Heute Abend sollten sie bereits in der Milchstraße ankommen, und, nachdem sie ihre Ration gegessen hatte, machte sie sich wieder auf den Weg in die Zentrale.
Der Androide stand tatsächlich noch dort, wo sie ihn verlassen hatte.
Sie strahlte ihn an, ließ ein fröhliches "Guten Morgen, mein Freund!" vernehmen und schon wandte er sich um und sie folgte ihm wieder. Er sprach nicht mit ihr - vermutlich konnte er es nicht - und sie konnte nicht wortlos kommunizieren.
In der Zentrale angekommen, war alles so ruhig wie zuvor. Nach wie vor liefen auf den Hologrammen unendliche Zahlenreihen. Smith lag, wie alle anderen auch, im Ruhemodus ruhig in seiner Schale und so setzte sie sich neben ihn.

Wieder in dieser Schale angenehm versinkend ließ sie ihre Gedanken fließen. Sie konnte davon ausgehen, dass es den Schöpfern angepasst war. Was lag näher, als sich vorzustellen, dass diese Schöpfer auch menschenähnlich waren. Und dann dieses Körperöl; sie hatten also auch Körperpflege betrieben und legten Wert auf einen angenehmen Duft; vermutlich war das Habitat für ein weibliches Wesen gedacht. Das Öl fühlte sich angenehm und energetisierend auf ihrer Haut an.
Nach einigen Stunden ging sie noch einmal zurück zur Kabine, um wenigsten einige Schritte zu laufen, noch etwas zu essen und im Raum ein paar gymnastische Übungen zu machen. Androiden hatten das alles nicht nötig, dachte sie - aber sie konnte nicht den ganzen Tag sitzen. Also kehrte sie erst zur Zentrale zurück, als es nur noch eine halbe Stunde bis zur Ankunftszeit war.
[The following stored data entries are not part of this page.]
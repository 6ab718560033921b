-- ===== src/Gateway.antt =====
-- The gateway put together, as crates/redis-web-runtime/src/server.rs does: the handlers of HTTP and of
-- gRPC share one executor, and with it the pools of crates/redis-web-runtime/src/redis.rs.
pub mod Pools
use redis_web.Prelude.{ℕ, List, [], ◌∷◌, Result}
use redis_web.Request.{ExecutableCommand}
use redis_web.Handler.Process.{Host, HttpRequest, AppState, process_request}
use redis_web.Redis.Pools.{DatabasePoolRegistry, Pooling}
use redis_web.Redis.Executor
use redis_web.Redis.Executor.{Server}
use redis_web.Grpc
use redis_web.Grpc.{Peer, CommandRequest, auth_context}
use redis_web.Grpc.Value.{Status}
use redis_web.Grpc.Stream.{StreamCommandRequest, execute_stream}

module _ (host : Host) (pooling : Pooling) (server : Server) where
  -- the handlers' surroundings, with the executor over Redis in place of `execute`
  abbrev pub gateway : Host
  gateway = record {
    Ip = host.Ip;
    Net = host.Net;
    S = DatabasePoolRegistry × server.S;
    net_contains = host.net_contains;
    base64_decode = host.base64_decode;
    json_to_string = host.json_to_string;
    sha1_hex = host.sha1_hex;
    header_value = host.header_value;
    execute = λ c (r, s). Executor.execute pooling server c r s;
  }

  -- What a client may send: a request of HTTP, a unary call, a stream of commands.
  pub data Call : Type 0 where
    http : HttpRequest host.Ip → Call
    unary : Peer host.Ip → CommandRequest → Call
    streamed : Peer host.Ip → List (Result Status StreamCommandRequest) → ℕ → ℕ → Call

  module _ (localhost : host.Ip) (state : AppState host.Net) where
    -- the state after one call
    unfoldable pub serve_call : Call → gateway.S → gateway.S
    serve_call (http request) s = (process_request gateway state request s).1
    serve_call (unary peer request) s = (Grpc.execute gateway localhost state peer request s).1
    serve_call (streamed peer items taken buffered) s =
        (execute_stream gateway localhost state (auth_context gateway localhost peer) items taken
          buffered s).1

    unfoldable pub serve_calls : List Call → gateway.S → gateway.S
    unfolding serve_call
    serve_calls [] s = s
    serve_calls (call ∷ calls) s = serve_calls calls (serve_call call s)
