-- ===== src/Handler/Safety.antt =====
-- What a request can do to the backend, and whether it is answered.
use redis_web.Prelude.{
  true, false, some, ◌≡◌, ◌≢◌, sym, ap, ok, err, Bool-cases, Result-cases, inl, inr,
}
use redis_web.Request.{ParsedRequest, RequestParseError, parse_http_request}
use redis_web.Handler.Process.{
  Host, HttpRequest, AppState, input_of, is_authorized, run_request, process_request, forbidden,
  bad_request, finish, execution_flow,
}

module _ (host : Host) (state : AppState host.Net) (req : HttpRequest host.Ip) (s : host.S) where
  pub process_request_ok :
      (p : ParsedRequest)
      → parse_http_request (input_of host state req) ≡ ok p
      → process_request host state req s ≡ run_request host state req p s
  unfolding process_request
  process_request_ok p parsed = rw (parsed, process_request)

  pub process_request_err :
      (e : RequestParseError)
      → parse_http_request (input_of host state req) ≡ err e
      → process_request host state req s ≡ (some (bad_request host req.params e), s)
  unfolding process_request
  process_request_err e parsed = rw (parsed, process_request)

  module _ (p : ParsedRequest) where
    pub run_request_denied :
        is_authorized host state req p ≡ false
        → run_request host state req p s ≡ (some (forbidden host p), s)
    unfolding run_request
    run_request_denied denied = rw denied

    pub run_request_allowed :
        is_authorized host state req p ≡ true
        → run_request host state req p s ≡ (
            let (execution, s') = host.execute p.command s in
            (finish host p (execution_flow host p req.if_none_match execution), s'))
    unfolding run_request
    run_request_allowed allowed = rw allowed

  -- the request and the execution that a change of the backend goes back to
  abbrev pub IsExecution : host.S → Type 0
  IsExecution s' =
      (p : ParsedRequest) × (parse_http_request (input_of host state req) ≡ ok p)
      × (is_authorized host state req p ≡ true)
      × ((host.execute p.command s).1 ≡ s')

  run_request-IsExecution :
      (p : ParsedRequest)
      → parse_http_request (input_of host state req) ≡ ok p
      → (run_request host state req p s).1 ≢ s
      → IsExecution (run_request host state req p s).1
  run_request-IsExecution p parsed changed = elim (Bool-cases (is_authorized host state req p)) [
    | inl allowed ↦ (p, parsed, allowed, sym (ap (λ r. r.1) (run_request_allowed p allowed)))
    | inr denied ↦ absurd (changed (ap (λ r. r.1) (run_request_denied p denied)))
  ]

  -- If a request changes the backend, then its path was parsed, the access list allows the command to
  -- this client, and the change is that of executing this one command once.
  pub process_request_changes :
      (process_request host state req s).1 ≢ s → IsExecution (process_request host state req s).1
  process_request_changes changed =
      elim (Result-cases (parse_http_request (input_of host state req))) [
        | inl (e, parsed) ↦ absurd (changed (ap (λ r. r.1) (process_request_err e parsed)))
        | inr (p, parsed) ↦
            let same = process_request_ok p parsed in
            rw same (run_request-IsExecution p parsed (rw same at changed))
      ]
Sie legte Smith sanft die Hand auf den Arm und sah ihn erwartungsvoll an.
Eine Sekunde später war er bereits präsent.
"Ah, Miss Shan. Haben Sie gut geruht?"
"Sehr gut", erwiderte Shan guter Laune, "es war äußerst erfrischend. Wir sollten in einer halben Stunde Neptun erreichen."